Since nevirapine resistance is so quick to develop, perhaps the real concern should be with the impact that widespread NNRTI resistance might have on successful efforts to prevent MTCT. Nevirapine resistance can be expected to rapidly arise in populations that adopt it as part of triple-drug ARV regimens. Even if adherence is near 100%, normal variations in absorption, metabolism and viral dynamics may allow virus replicating in the presence of nevirapine to quickly generate drug-resistant mutants. In resource-poor settings, viral load monitoring is likely to be minimal or non-existent. Therefore individuals failing nevirapine may be more likely continue on their failing regimens, perhaps infecting new individuals with NNRTI resistant strains -- including women who could benefit from single-dose nevirapine when delivering their children. This would be the true tragedy, dimming one of the few therapeutic bright spots in the world AIDS crisis.
It is unquestionable that the best solution for stabilizing a family invaded by HIV is to not only give treatment to prevent MTCT, but also to provide continuing treatment to suppress virus in the mother and in other members of her family, including her children and husband. Indeed a new study of continuing ARV for mothers, called MTCT-Plus, is springing from the foundation of successful mother and infant research programs. These MTCT programs have moved forward because they have had the support and funding to successfully demonstrate results. Sadly, the lack of enthusiasm among drug companies, governments, foundations and the Global Fund for paying for chronic treatment means that the slow pace of bringing therapy to the vast majority of people who need it will continue to drag.
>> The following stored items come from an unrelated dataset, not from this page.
-- ===== src/Patch/Plan.antt =====
-- The planner, crates/aa-patch/src/plan.rs. The transforms of the other files, the resolver of typed
-- renames and the renderer of diffs are an interface; a message is its parts.
use prolog_forge.Prelude.{
  ℕ, ◌+◌, List, [], ◌∷◌, ◌++◌, Option, none, some, Bool, false, not, ◌==◌, nat_eq, list_eq, eqb,
  elem, Str, bytes, get_or, Map, map_get, btree_insert, map_keys, contains_key, if◌then◌else◌,
  Result, ok, err,
}
use prolog_forge.Rename.Edits.{TypedRenameError, unavailable}
use prolog_forge.Validate.Stages.{ends_with}
use prolog_forge.Patch.Ops
use prolog_forge.Patch.Ops.{ItemKind, ExtractParam, ParamReorder, PatchOp, PatchPlan}

pub data ErrorText : Type 0 where
  message : Str → ErrorText
  not_available : Str → ErrorText
  typed_rename : TypedRenameError → ErrorText
  not_in_scope : Str → ErrorText

pub record PreviewError : Type 0 where
  pub file : Str
  pub text : ErrorText

abbrev pub FileResult : Type 0
FileResult = Result {0, 0} Str (Str × ℕ)

abbrev pub FilesResult : Type 0
FilesResult = Result {0, 0} Str (Map Str Str × Map Str ℕ)

pub record Transforms : Type 0 where
  pub rename : Str → Str → Str → FileResult
  pub add_derive : Str → Str → List Str → FileResult
  pub remove_derive : Str → Str → List Str → FileResult
  pub inline_function : Map Str Str → Str → List Str → FilesResult
  pub extract_function : Str → ℕ → ℕ → Str → List ExtractParam → FileResult
  pub change_signature : Map Str Str → Str → List ParamReorder → List Str → FilesResult
  pub move_item : Map Str Str → ItemKind → Str → Str → Str → List Str → FilesResult
  pub resolve : Map Str Str → Str → ℕ → ℕ → Str → Result {0, 0} TypedRenameError (Map Str Str)

-- What `apply_op` mutates; both maps are in the order of their paths when the given one is.
pub record Working : Type 0 where
  pub files : Map Str Str
  pub replacements : Map Str ℕ
  pub errors : List PreviewError

unfoldable pub filter : (Str → Bool) → List Str → List Str
filter p [] = []
filter p (x ∷ xs) = let rest = filter p xs in if p x then x ∷ rest else rest

unfoldable pub paths_in_scope : List Str → Map Str Str → List Str
unfolding filter ends_with
paths_in_scope [] working = filter (λ p. ends_with p (bytes ".rs")) (map_keys working)
paths_in_scope (f ∷ fs) working = filter (λ p. contains_key p working) (f ∷ fs)

unfoldable pub add_count : Str → ℕ → Map Str ℕ → Map Str ℕ
add_count path n counts = btree_insert path (get_or (map_get path counts) 0 + n) counts

unfoldable pub push_error : Str → ErrorText → Working → Working
push_error file text w = record w { errors = w.errors ++ record { file = file; text = text } ∷ [] }

-- What is done with a transform's result for one file.
unfoldable pub store_result : Str → FileResult → Working → Working
unfolding add_count push_error
store_result path (err msg) w = push_error path (message msg) w
store_result path (ok (new_src, n)) w = if eqb n 0 then w else record w {
  files = btree_insert path new_src w.files;
  replacements = add_count path n w.replacements;
}

unfoldable pub each_path : (Str → FileResult) → List Str → Working → Working
unfolding store_result
each_path f [] w = w
each_path f (p ∷ ps) w = each_path f ps (store_result p (f (get_or (map_get p w.files) [])) w)

unfoldable pub insert_all : Map Str Str → Map Str Str → Map Str Str
insert_all [] working = working
insert_all ((p, src) ∷ new_files) working = insert_all new_files (btree_insert p src working)

unfoldable pub add_counts : Map Str ℕ → Map Str ℕ → Map Str ℕ
unfolding add_count
add_counts [] counts = counts
add_counts ((p, n) ∷ per_file) counts = add_counts per_file (add_count p n counts)

-- What is done with the result of a transform of the whole map; an error is for the file `at`.
unfoldable pub store_files : Str → FilesResult → Working → Working
unfolding insert_all add_counts push_error
store_files at (err msg) w = push_error at (message msg) w
store_files at (ok (new_files, per_file)) w = record w {
  files = insert_all new_files w.files;
  replacements = add_counts per_file w.replacements;
}

-- `working.get(rel) == Some(content)`.
has_content : Option Str → Str → Bool
has_content none content = false
has_content (some c) content = c == content

unfoldable pub count_changed : Map Str Str → Map Str Str → Map Str ℕ → Map Str ℕ
unfolding add_count has_content
count_changed [] working counts = counts
count_changed ((rel, content) ∷ new_files) working counts =
    count_changed new_files working
      (if has_content (map_get rel working) content then counts else add_count rel 1 counts)

unfoldable pub store_typed : Str → Result {0, 0} TypedRenameError (Map Str Str) → Working → Working
unfolding push_error count_changed
store_typed decl_file (ok new_files) w = record w {
  files = new_files;
  replacements = count_changed new_files w.files w.replacements;
}
store_typed decl_file (err (unavailable msg)) w = push_error decl_file (not_available msg) w
store_typed decl_file (err e) w = push_error decl_file (typed_rename e) w

-- `files.first().cloned().unwrap_or_default()`.
unfoldable pub first_or_empty : List Str → Str
first_or_empty [] = []
first_or_empty (f ∷ fs) = f

unfoldable pub out_of_scope : Str → List Str → Bool
out_of_scope source_file [] = false
out_of_scope source_file (f ∷ fs) = not (elem source_file (f ∷ fs))

unfoldable pub extract_from : Str → (Str → FileResult) → Option Str → Working → Working
unfolding push_error store_result
extract_from source_file f none w = push_error source_file (not_in_scope source_file) w
extract_from source_file f (some src) w = store_result source_file (f src) w

module _ (t : Transforms) where
  unfoldable pub apply_op : PatchOp → Working → Working
  unfolding paths_in_scope each_path store_files store_typed first_or_empty out_of_scope
      extract_from
  apply_op (Ops.rename_function old_name new_name files) w =
      each_path (λ src. t.rename src old_name new_name) (paths_in_scope files w.files) w
  apply_op (Ops.rename_function_typed decl_file decl_line decl_character new_name old_name) w =
      store_typed decl_file (t.resolve w.files decl_file decl_line decl_character new_name) w
  apply_op (Ops.add_derive_to_struct type_name derives files) w =
      each_path (λ src. t.add_derive src type_name derives) (paths_in_scope files w.files) w
  apply_op (Ops.remove_derive_from_struct type_name derives files) w =
      each_path (λ src. t.remove_derive src type_name derives) (paths_in_scope files w.files) w
  apply_op (Ops.inline_function function files) w =
      store_files (first_or_empty files) (t.inline_function w.files function files) w
  apply_op (Ops.extract_function source_file start_line end_line new_name params files) w =
      if out_of_scope source_file files
      then w
      else extract_from source_file
          (λ src. t.extract_function src start_line end_line new_name params)
          (map_get source_file w.files) w
  apply_op (Ops.change_signature function new_params files) w =
      store_files (first_or_empty files) (t.change_signature w.files function new_params files) w
  apply_op (Ops.move_item item_kind item_name from_file to_file files) w =
      store_files from_file (t.move_item w.files item_kind item_name from_file to_file files) w

  unfoldable pub apply_ops : List PatchOp → Working → Working
  unfolding apply_op
  apply_ops [] w = w
  apply_ops (op ∷ ops) w = apply_ops ops (apply_op op w)

  unfoldable pub apply_plan : PatchPlan → Map Str Str → Map Str Str × List PreviewError
  unfolding apply_ops
  apply_plan plan files =
      let w = apply_ops plan.ops (record { files = files; replacements = []; errors = [] }) in
      (w.files, w.errors)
The unique suitability of nevirapine to prevent MTCT may be overshadowed in many minds by another of its attributes, its low cost. Nevirapine, whether supplied by Boeringer-Ingleheim or by a generic manufacturer, is by far the cheapest choice for the potent leg of a three-drug combo -- and cost often looms larger than other issues when access to treatment is discussed. But proponents of universal therapy need to critically ask, is the cheapest drug really the best drug for the job? Despite the low cost of nevirapine itself, the expense for chronic dosing added to a nucleoside backbone, plus viral load and toxicity monitoring, will keep this regimen from being widely deployed for years to come. Meanwhile, the MTCT programs are reaching people, educating them, testing them and increasingly, treating them. Although confirmatory data about single-dose NVP used in subsequent pregnancies are eagerly awaited, it does a disservice to the most successful current efforts to expand HIV treatment in the developing world by promoting entirely theoretical objections.